TRY IT: Word for word, restate the entries below from their first line through the line that contains "table ((k, failed f) ∷ s) = table s".

ENTRIES SUPPLIED:
::::

-- ===== src/Timed.antt =====
-- include/stream-client/detail/timed_base.hpp: the timer behind every timed operation, and what one
-- operation of asio does under it.
pub mod Defs
pub mod Operation
pub mod Deadline
pub mod Completion
pub mod Limits
pub mod Fires
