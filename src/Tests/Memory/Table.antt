-- ===== src/Tests/Memory/Table.antt =====
-- The entries of a log in the order of their keys, for the iterators of the store in memory.
use lancelot.Base.{
  ◌≡◌, refl, ap, true, false, none, List, [], ◌∷◌, Bytes, arith, if◌then◌else◌, bytes_lt, bytes_eq,
  bytes_eq→eq, Bool-cases, inl, inr,
}
use lancelot.Utils.Bytes.Order.{bytes_lt_irrefl, bytes_lt_total}
use lancelot.Store.Kv.{Found, found, missing, failed, Cursor, ended, item}
use lancelot.Store.Scan.Entries.{Above-trans, upsert-Above, upsert-IsAscending, remove-IsAscending}
use lancelot.Store.Scan.Laws.{
  Entry, entries, ending, in_range, AreWithin, Above, IsAscending, lookup, upsert, remove,
}

abbrev pub Log : Type 0
Log = List (Bytes × Found Bytes)

abbrev pub table : Log → List Entry
table [] = []
table ((k, found v) ∷ s) = upsert k v (table s)
table ((k, missing) ∷ s) = remove k (table s)
table ((k, failed f) ∷ s) = table s

abbrev pub restrict : Bytes → Bytes → List Entry → List Entry
restrict a b [] = []
restrict a b ((k, v) ∷ es) =
    let later = restrict a b es in if in_range a b k then (k, v) ∷ later else later

abbrev pub cursor_of : List Entry → Cursor Bytes
cursor_of [] = ended
cursor_of ((k, v) ∷ es) = item k v (cursor_of es)

pub entries-cursor_of : (es : List Entry) → entries (cursor_of es) ≡ es
entries-cursor_of [] = refl
entries-cursor_of ((k, v) ∷ es) = ap (◌∷◌ (k, v)) (entries-cursor_of es)

pub ending-cursor_of : (es : List Entry) → ending (cursor_of es) ≡ none
ending-cursor_of [] = refl
ending-cursor_of ((k, v) ∷ es) = ending-cursor_of es

pub table-IsAscending : (s : Log) → IsAscending (table s)
table-IsAscending [] = tt
table-IsAscending ((k, found v) ∷ s) = upsert-IsAscending k v (table s) (table-IsAscending s)
table-IsAscending ((k, missing) ∷ s) = remove-IsAscending k (table s) (table-IsAscending s)
table-IsAscending ((k, failed f) ∷ s) = table-IsAscending s

Above-restrict : (j a b : Bytes) (es : List Entry) → Above j es → Above j (restrict a b es)
Above-restrict j a b [] h = tt
Above-restrict j a b ((k, v) ∷ es) h = ground (arith, Above-restrict j a b es)

pub restrict-IsAscending :
    (a b : Bytes) (es : List Entry) → IsAscending es → IsAscending (restrict a b es)
restrict-IsAscending a b [] h = tt
restrict-IsAscending a b ((k, v) ∷ es) h =
    ground (arith, restrict-IsAscending a b es, Above-restrict k a b es)

pub restrict-AreWithin : (a b : Bytes) (es : List Entry) → AreWithin a b (restrict a b es)
restrict-AreWithin a b [] = tt
restrict-AreWithin a b ((k, v) ∷ es) = ground (arith, restrict-AreWithin a b es)

pub lookup-restrict :
    (a b k : Bytes) (es : List Entry)
    → in_range a b k ≡ true
    → lookup (restrict a b es) k ≡ lookup es k
lookup-restrict a b k [] h = refl
lookup-restrict a b k ((j, v) ∷ es) h = ground (arith, h, lookup-restrict a b k es, bytes_eq→eq j k)

pub restrict-upsert :
    (a b k v : Bytes) (es : List Entry)
    → IsAscending es
    → in_range a b k ≡ true
    → restrict a b (upsert k v es) ≡ upsert k v (restrict a b es)
restrict-upsert a b k v [] h i = ground (arith, i)
restrict-upsert a b k v ((j, w) ∷ es) h i = elim (Bool-cases (bytes_eq j k)) [
  | inl e ↦
      let same = bytes_eq→eq j k e in
      ground (arith, same, e, i, restrict-upsert a b k v es, bytes_lt_irrefl k)
  | inr e ↦ elim (Bool-cases (bytes_lt j k)) [
    | inl l ↦ ground (arith, e, l, i, restrict-upsert a b k v es h.1 i)
    | inr l ↦ ground (
      arith,
      e,
      l,
      i,
      bytes_lt_total j k l e,
      upsert-Above k v (restrict a b es)
          (Above-restrict k a b es (Above-trans k j es (bytes_lt_total j k l e) h.0)),
    )
  ]
]

pub restrict-remove :
    (a b k : Bytes) (es : List Entry)
    → in_range a b k ≡ true
    → restrict a b (remove k es) ≡ remove k (restrict a b es)
restrict-remove a b k [] i = refl
restrict-remove a b k ((j, w) ∷ es) i = elim (Bool-cases (bytes_eq j k)) [
  | inl e ↦ let same = bytes_eq→eq j k e in ground (arith, same, e, i, restrict-remove a b k es)
  | inr e ↦ ground (arith, e, i, restrict-remove a b k es)
]

pub restrict-upsert_out :
    (a b k v : Bytes) (es : List Entry)
    → in_range a b k ≡ false
    → restrict a b (upsert k v es) ≡ restrict a b es
restrict-upsert_out a b k v [] i = ground (arith, i)
restrict-upsert_out a b k v ((j, w) ∷ es) i = elim (Bool-cases (bytes_eq j k)) [
  | inl e ↦
      let same = bytes_eq→eq j k e in ground (arith, same, e, i, restrict-upsert_out a b k v es)
  | inr e ↦ ground (arith, e, i, restrict-upsert_out a b k v es)
]

pub restrict-remove_out :
    (a b k : Bytes) (es : List Entry)
    → in_range a b k ≡ false
    → restrict a b (remove k es) ≡ restrict a b es
restrict-remove_out a b k [] i = refl
restrict-remove_out a b k ((j, w) ∷ es) i = elim (Bool-cases (bytes_eq j k)) [
  | inl e ↦ let same = bytes_eq→eq j k e in ground (arith, same, e, i, restrict-remove_out a b k es)
  | inr e ↦ ground (arith, e, i, restrict-remove_out a b k es)
]
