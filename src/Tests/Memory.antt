-- ===== src/Tests/Memory.antt =====
-- A store in memory for the client library's interface: the log of what has been written.
pub mod Table
use lancelot.Base.{
  ◌≡◌, ◌≢◌, refl, sym, ap, true, false, not, ◌&&◌, Option, none, some, List, [], ◌∷◌, Bytes, codes,
  bytes_eq, bytes_eq_refl, bytes_eq→eq, bytes_lt, if◌then◌else◌, arith, inl, inr, Bool-cases,
}
use lancelot.Base.Int.{pos}
use lancelot.Store.Kv.{Kv, KvLaws, Found, found, missing, failed, Cursor, ended, item}
use lancelot.Store.Txn.{Config, Txn}
use lancelot.Tests.Memory.Table.{
  Log, table, restrict, cursor_of, entries-cursor_of, ending-cursor_of, table-IsAscending,
  restrict-IsAscending, restrict-AreWithin, lookup-restrict, restrict-upsert, restrict-remove,
  restrict-upsert_out, restrict-remove_out,
}
use lancelot.Store.Scan.Entries.{lookup-upsert, lookup-remove}
use lancelot.Store.Scan.Laws.{Entry, Agrees, lookup, upsert, remove, ScanLaws}
use lancelot.Store.Error.{ok}
use lancelot.Command.Reply.{null}
use lancelot.Command.Session.{Client, connected, Conn, Handlers, Session}
use lancelot.Command.Strings.Read.{get_handle}
use lancelot.Command.Strings.Counter.{incrby_handle}

-- The last entry of a key counts; a deletion is an entry too.
abbrev pub look : Log → Bytes → Found Bytes
look [] k = missing
look ((j, v) ∷ rest) k = let found_later = look rest k in if bytes_eq j k then v else found_later

-- The entries of a range.
abbrev pub scan : Log → Bytes → Bytes → Cursor Bytes
scan s start end = cursor_of (restrict start end (table s))

abbrev downwards : List Entry → List Entry → List Entry
downwards [] es = es
downwards (e ∷ rest) es = downwards rest (e ∷ es)

abbrev pub mem_kv : Kv
mem_kv = record {
  Store = Log;
  Fault = Bytes;
  get = look;
  put = λ s k v. (none, (k, found v) ∷ s);
  delete = λ s k. (none, (k, missing) ∷ s);
  lock = λ s k. (none, s);
  iter = scan;
  iter_reverse = λ s end. cursor_of (downwards (restrict [] end (table s)) []);
  is_write_conflict = λ f. false;
  is_lock_no_wait = λ f. false;
  is_lock_timeout = λ f. false;
  message = λ f. f;
  extract_physical = λ n. pos n;
}

look-same : (s : Log) (k : Bytes) (v : Found Bytes) → look ((k, v) ∷ s) k ≡ v
look-same s k v = ground (arith, bytes_eq_refl k)

look_ne : (s : Log) (k j : Bytes) (v : Found Bytes) → j ≢ k → look ((k, v) ∷ s) j ≡ look s j
look_ne s k j v h = elim (Bool-cases (bytes_eq k j)) [
  | inl e ↦ absurd (h (sym (bytes_eq→eq k j e)))
  | inr e ↦ rw e refl
]

pub mem_laws : KvLaws mem_kv
mem_laws = record {
  get-put = λ s k v h. look-same s k (found v);
  get-put_ne = λ s k v j h. look_ne s k j (found v) h;
  get-put_failed = λ s k v f h. cc;
  get-delete = λ s k h. look-same s k missing;
  get-delete_ne = λ s k j h. look_ne s k j missing h;
  get-delete_failed = λ s k f h. cc;
  get-lock = λ s k j. refl;
}

look-lookup : (s : Log) (k : Bytes) → Agrees (look s k) (lookup (table s) k)
look-lookup [] k = refl
look-lookup ((j, found v) ∷ s) k = ground (arith, lookup-upsert j v k (table s), look-lookup s k)
look-lookup ((j, missing) ∷ s) k =
    ground (arith, lookup-remove j k (table s) (table-IsAscending s), look-lookup s k)
look-lookup ((j, failed f) ∷ s) k = elim (Bool-cases (bytes_eq j k)) [
  | inl e ↦ rw e tt
  | inr e ↦ rw e (look-lookup s k)
]

pub mem_scan : ScanLaws mem_kv
mem_scan = record {
  ascending =
      λ s a b. rw entries-cursor_of (restrict-IsAscending a b (table s) (table-IsAscending s));
  within = λ s a b. rw entries-cursor_of (restrict-AreWithin a b (table s));
  lookup-get =
      λ s a b k e i. rw (entries-cursor_of, lookup-restrict a b k (table s) i) (look-lookup s k);
  iter-put = λ s a b k v i p e e'.
      rw
        (
          entries-cursor_of (restrict a b (upsert k v (table s))),
          entries-cursor_of (restrict a b (table s)),
        )
        (restrict-upsert a b k v (table s) (table-IsAscending s) i);
  iter-delete = λ s a b k i p e e'.
      rw
        (
          entries-cursor_of (restrict a b (remove k (table s))),
          entries-cursor_of (restrict a b (table s)),
        )
        (restrict-remove a b k (table s) i);
  iter-put_out = λ s a b k v i. ap cursor_of (restrict-upsert_out a b k v (table s) i);
  iter-delete_out = λ s a b k i. ap cursor_of (restrict-remove_out a b k (table s) i);
  iter-lock = λ s a b k. refl;
}

abbrev pub config : Config
config = record {
  object_hash = 5;
  db_size_hash = 4;
  disable_count = false;
  blist = false;
  ttl_sensitive = pos 0;
  scan_max_count = 100;
  skip_conflict = false;
  pessimistic = true;
  set_operation_get = true;
}

abbrev pub txn_on : Log → Txn mem_kv
txn_on s = record {
  store = s;
  error = none;
  timestamp = 9;
  now = pos 1000;
  user_id = 258;
  db_id = 3;
  config = config;
}

-- Transactions that always commit; the server is what has been committed.
abbrev pub mem_client : Client mem_kv
mem_client = record {
  Server = Log;
  begin = λ s. (inr (s, 1000), s);
  commit = λ s st. (none, st);
  rollback = λ s st. s;
  reset = λ st. st;
  lock_keys = λ st ks. (none, st);
}

-- GET and INCRBY.
abbrev pub handlers : Handlers mem_kv
handlers = record {
  table = λ name.
      if bytes_eq name (codes "get")
      then some get_handle
      else if bytes_eq name (codes "incrby")
      then some incrby_handle
      else none;
  wait_alive = none;
  publish = λ rs. [];
  traces = ok null;
}

abbrev pub conn : Option (Session mem_kv) → Conn mem_kv mem_client
conn s = record {
  user_id = 258;
  db_id = 3;
  config = config;
  link = connected;
  trace = false;
  session = s;
  server = [];
}
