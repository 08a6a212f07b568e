-- ===== src/Tests/Objects.antt =====
-- Results about the objects, the counts and the transactions at concrete inputs.
use lancelot.Base.{
  ◌≡◌, refl, inl, true, false, none, some, [], ◌∷◌, Bytes, codes, get_or, bytes_eq, replicate,
  length, bytes_lt, ◌<◌, arith,
}
use lancelot.Base.Int.{pos, negsuc}
use lancelot.Base.BigEndian.{be_bytes}
use lancelot.Utils.Hash.{get_shard, sum64}
use lancelot.Store.Kv.{found, missing}
use lancelot.Store.Error.{ok}
use lancelot.Store.Txn.{Txn, get, max_key_size, put, del, lock_first, write, erase}
use lancelot.Store.Txn.Frame.{Touches}
use lancelot.Command.Object.{
  Object, data_prefix, bytes_of, string_type, hash_type, object_encode, object_decode, object_key,
  ttl_key, get_ttl_bytes, get_key_bytes, object_from_ttl, encode_ttl_value, is_simple,
}
use lancelot.Command.Object.Codec.{IsEncodable, decoded, object_decode-object_encode}
use lancelot.Command.Object.Keys.{object_key-injective, ttl_key_order, object_from_ttl-ttl_key}
use lancelot.Command.Count.{Count, encode_count, decode_count, get_count, new_count, set_count}
use lancelot.Command.Count.Codec.{decode_count-encode_count}
use lancelot.Command.Access.{
  get_txn_object, set_txn_object, delete_key, no_change, plus_count, minus_count, size_count,
  add_to_count, count_change, write_object, clean_key, clean_apart,
}
use lancelot.Command.Access.Reads.{Stored, present, answer, get_txn_object-answer}
use lancelot.Command.Access.Writes.{
  IsCountKey, KeyOrCount, DeletedKeys, set_txn_object-Touches, delete_key-Touches, delete_key-ok,
}
use lancelot.Tests.Memory.{mem_kv, mem_laws, txn_on}
use lancelot.Tests.Memory.Table.{Log}

-- A string "41" at the key "n", with an expiry, and a hash at "h".
abbrev pub text : Object
text = record {
  user_id = 258;
  db = 3;
  key = codes "n";
  typo = string_type;
  ttl = pos 5000;
  timestamp = 7;
  value = some (codes "41");
  hash = 5;
  extra = none;
}

abbrev fields : Object
fields = record text {
  key = codes "h";
  typo = hash_type;
  ttl = pos 6000;
  value = some (replicate 16 1);
  extra = some (1 ∷ []);
}

abbrev blank : Object
blank = record text { typo = 0; ttl = pos 0; timestamp = 0; value = none; hash = 0 }

pub text-IsEncodable : IsEncodable text
unfolding is_simple
text-IsEncodable = record {
  ttl_range = record { above = omega arith; below = omega arith };
  timestamp_range = omega arith;
  hash_range = omega arith;
  no_extra = λ e. refl;
  uuid = λ e. absurd (ground arith);
}

fields-IsEncodable : IsEncodable fields
unfolding is_simple
fields-IsEncodable = record {
  ttl_range = record { above = omega arith; below = omega arith };
  timestamp_range = omega arith;
  hash_range = omega arith;
  no_extra = λ e. absurd (ground arith);
  uuid = λ e. refl;
}

object_decode-object_encode_example :
    object_decode (object_encode fields) blank ≡ (true, decoded fields blank)
object_decode-object_encode_example = object_decode-object_encode fields blank fields-IsEncodable

object_key-injective_example :
    (text.user_id ≡ text.user_id) × (text.db ≡ text.db) × (text.key ≡ text.key)
object_key-injective_example = object_key-injective text text (omega arith) (omega arith) refl

abbrev text_ttl : Bytes
text_ttl = bytes_of (ttl_key text)

text_ttl-eq : ttl_key text ≡ some text_ttl
unfolding ttl_key get_ttl_bytes
text_ttl-eq = refl

abbrev fields_ttl : Bytes
fields_ttl = bytes_of (ttl_key fields)

fields_ttl-eq : ttl_key fields ≡ some fields_ttl
unfolding ttl_key get_ttl_bytes
fields_ttl-eq = refl

ttl_key_order_example : bytes_lt text_ttl fields_ttl ≡ true
ttl_key_order_example =
    ttl_key_order text fields text_ttl fields_ttl refl refl text-IsEncodable.ttl_range
      fields-IsEncodable.ttl_range (omega arith) text_ttl-eq fields_ttl-eq

object_from_ttl-ttl_key_example :
    object_from_ttl {F = Bytes} fields_ttl (encode_ttl_value hash_type (replicate 16 1))
    ≡ ok (record fields {
      typo = hash_type;
      timestamp = 0;
      value = some (replicate 16 1);
      hash = 0;
      extra = none;
    })
object_from_ttl-ttl_key_example =
    object_from_ttl-ttl_key {F = Bytes} fields fields_ttl hash_type (replicate 16 1)
      fields-IsEncodable.ttl_range (omega arith) (omega arith) fields_ttl-eq

abbrev tally : Count
tally = record {
  timestamp = 7;
  value = negsuc 2;
  key = codes "c";
  shard = 1;
  user_value = codes "u";
}

decode_count-encode_count_example :
    decode_count (record tally { value = pos 0 }) (encode_count tally)
    ≡ record tally { timestamp = 7; value = negsuc 2; user_value = codes "u" }
decode_count-encode_count_example =
    decode_count-encode_count (record tally { value = pos 0 }) tally (omega arith)
      (record { above = omega arith; below = omega arith })

-- The key of the string, and a store that has it.
abbrev pub text_key : Bytes
text_key = object_key text

abbrev pub with_text : Log
with_text = (text_key, found (object_encode text)) ∷ []

abbrev pub t0 : Txn mem_kv
t0 = txn_on with_text

put_done : (put text_key (1 ∷ []) t0).0 ≡ ok tt
unfolding put lock_first write object_key get_key_bytes be_bytes
put_done = refl

short_key : length text_key < max_key_size
unfolding object_key get_key_bytes be_bytes
short_key = omega arith

pub text-Stored : Stored t0 text_key (present text)
unfolding bytes_eq object_key get_key_bytes be_bytes
text-Stored = (refl, text-IsEncodable)

get_txn_object-answer_example :
    get_txn_object text_key blank false t0 ≡ (answer t0 blank (present text), t0)
get_txn_object-answer_example =
    get_txn_object-answer text_key blank (present text) t0 short_key text-Stored

set_done : (set_txn_object text_key text no_change t0).0 ≡ ok tt
unfolding set_txn_object write_object count_change put lock_first write object_key get_key_bytes
    be_bytes object_encode
set_done = refl

not_count : ¬ IsCountKey text_key
unfolding object_key get_key_bytes be_bytes
not_count h = absurd (ground (arith, h))

set_txn_object-Touches_example :
    Touches {kv = mem_kv} (KeyOrCount text_key) (set_txn_object text_key text plus_count)
set_txn_object-Touches_example = set_txn_object-Touches mem_laws text_key text plus_count

delete_done : (delete_key text_key text (pos 1000) minus_count t0).0 ≡ ok tt
unfolding delete_key clean_key clean_apart is_simple set_txn_object write_object count_change
    size_count add_to_count get_count new_count set_count get_shard sum64 get put del lock_first
    write erase object_key ttl_key get_ttl_bytes get_key_bytes be_bytes encode_count bytes_eq
delete_done = refl

pub data_key : get_or text_key 0 0 ≡ data_prefix
unfolding object_key get_key_bytes be_bytes
data_key = refl

delete_key-ok_example :
    mem_kv.get (delete_key text_key text (pos 1000) minus_count t0).1.store text_key ≡ missing
delete_key-ok_example =
    delete_key-ok mem_laws text_key text (pos 1000) minus_count t0 data_key (inl refl) delete_done

delete_key-Touches_example :
    Touches {kv = mem_kv} (DeletedKeys text_key) (delete_key text_key text (pos 1000) minus_count)
delete_key-Touches_example =
    delete_key-Touches mem_laws text_key text (pos 1000) minus_count (inl refl)
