-- ===== src/Tests/Bits.antt =====
-- Results about the bits of strings and of bitmaps at concrete inputs.
use lancelot.Base.{◌≡◌, refl, true, false, none, some, [], ◌∷◌, Bytes, codes, bytes_eq, arith}
use lancelot.Base.Bits.{bit_at, with_bit, put_byte}
use lancelot.Base.BigEndian.{be_bytes, be_value}
use lancelot.Base.Decimal.{parse_int, parse_digits}
use lancelot.Base.Int.{pos, int64_of, uint64_of}
use lancelot.Utils.Int.{nonnegative_int}
use lancelot.Utils.Bitmap.{Bitmap, new_bitmap, add, remove, is_set}
use lancelot.Utils.Bitmap.Laws.{IsBitmap, is_set-assign}
use lancelot.Store.Txn.{put, lock_first, write, get}
use lancelot.Command.Object.{
  string_type, object_encode, object_decode, object_key, get_key_bytes, is_simple,
}
use lancelot.Command.Access.{
  new_object, set_txn_object, write_object, count_change, with_object, get_txn_object, examine,
  drop_expired,
}
use lancelot.Command.Access.Reads.{present}
use lancelot.Command.Elements.Open.{HasObject, IsShortKey}
use lancelot.Command.Reply.{simple_int, respond, reply_of}
use lancelot.Command.Bits.{grow, set_bit, store_bit, change_bit, setbit_handle, getbit_handle}
use lancelot.Command.Bits.Get.{getbit_handle-setbit_handle}
use lancelot.Tests.Memory.{mem_laws}
use lancelot.Tests.Objects.{text, t0, text-Stored}

abbrev name : Bytes
name = codes "n"

same_key : object_key (new_object t0 string_type name) ≡ object_key text
unfolding new_object object_key get_key_bytes be_bytes
same_key = refl

short : IsShortKey t0 string_type name
unfolding new_object object_key get_key_bytes be_bytes
short = omega arith

text-HasObject : HasObject t0 string_type name text
text-HasObject = (rw same_key text-Stored, refl, refl)

offset : nonnegative_int (codes "21") ≡ some (pos 21)
unfolding nonnegative_int parse_int parse_digits
offset = refl

one : nonnegative_int (codes "1") ≡ some (pos 1)
unfolding nonnegative_int parse_int parse_digits
one = refl

-- The string "41" has two bytes, so that the offset is past its end.
set_done : (setbit_handle (name ∷ codes "21" ∷ codes "1" ∷ []) t0).0 ≡ simple_int (pos 0)
unfolding setbit_handle nonnegative_int parse_int parse_digits respond reply_of change_bit
    with_object get_txn_object examine drop_expired get object_key get_key_bytes be_bytes be_value
    new_object bytes_eq object_decode object_encode int64_of uint64_of store_bit set_bit bit_at
    with_bit put_byte grow set_txn_object write_object count_change put lock_first write is_simple
set_done = refl

getbit_handle-setbit_handle_example :
    getbit_handle (name ∷ codes "21" ∷ []) (setbit_handle (name ∷ codes "21" ∷ codes "1" ∷ []) t0).1
    ≡ some (simple_int (pos 1), (setbit_handle (name ∷ codes "21" ∷ codes "1" ∷ []) t0).1)
getbit_handle-setbit_handle_example =
    getbit_handle-setbit_handle mem_laws name (codes "21") (codes "1") (codes "21") 21 1 21
      (present text) t0 (pos 0) short text-HasObject (omega arith) offset (omega arith) one
      (omega arith) offset set_done

abbrev some_bits : Bitmap
some_bits = record { segments = 5 ∷ 8 ∷ []; length = 128 }

is_set-assign_example :
    ((b' : Bitmap) × (add some_bits (pos 70) ≡ some b')
      × IsBitmap b'
      × (is_set b' (pos 70) ≡ some true))
    × ((b' : Bitmap) × (remove some_bits (pos 70) ≡ some b')
        × IsBitmap b'
        × (is_set b' (pos 70) ≡ some false))
is_set-assign_example = is_set-assign some_bits 70 70 (omega arith) (omega arith)

-- `New(70)` has one word, so that position 65 has none.
add_panics : add (new_bitmap 70) (pos 65) ≡ none
unfolding add new_bitmap
add_panics = refl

::::

OUTPUT FOR THIS TASK:
-- ===== src/Timed.antt =====
-- include/stream-client/detail/timed_base.hpp: the timer behind every timed operation, and what one
-- operation of asio does under it.
pub mod Defs
pub mod Operation
pub mod Deadline
pub mod Completion
pub mod Limits
pub mod Fires
filename src/Tests/Memory/Table.antt
-- ===== src/Tests/Memory/Table.antt =====
-- The entries of a log in the order of their keys, for the iterators of the store in memory.
use lancelot.Base.{
  ◌≡◌, refl, ap, true, false, none, List, [], ◌∷◌, Bytes, arith, if◌then◌else◌, bytes_lt, bytes_eq,
  bytes_eq→eq, Bool-cases, inl, inr,
}
use lancelot.Utils.Bytes.Order.{bytes_lt_irrefl, bytes_lt_total}
use lancelot.Store.Kv.{Found, found, missing, failed, Cursor, ended, item}
use lancelot.Store.Scan.Entries.{Above-trans, upsert-Above, upsert-IsAscending, remove-IsAscending}
use lancelot.Store.Scan.Laws.{
  Entry, entries, ending, in_range, AreWithin, Above, IsAscending, lookup, upsert, remove,
}

abbrev pub Log : Type 0
Log = List (Bytes × Found Bytes)

abbrev pub table : Log → List Entry
table [] = []
table ((k, found v) ∷ s) = upsert k v (table s)
table ((k, missing) ∷ s) = remove k (table s)
table ((k, failed f) ∷ s) = table s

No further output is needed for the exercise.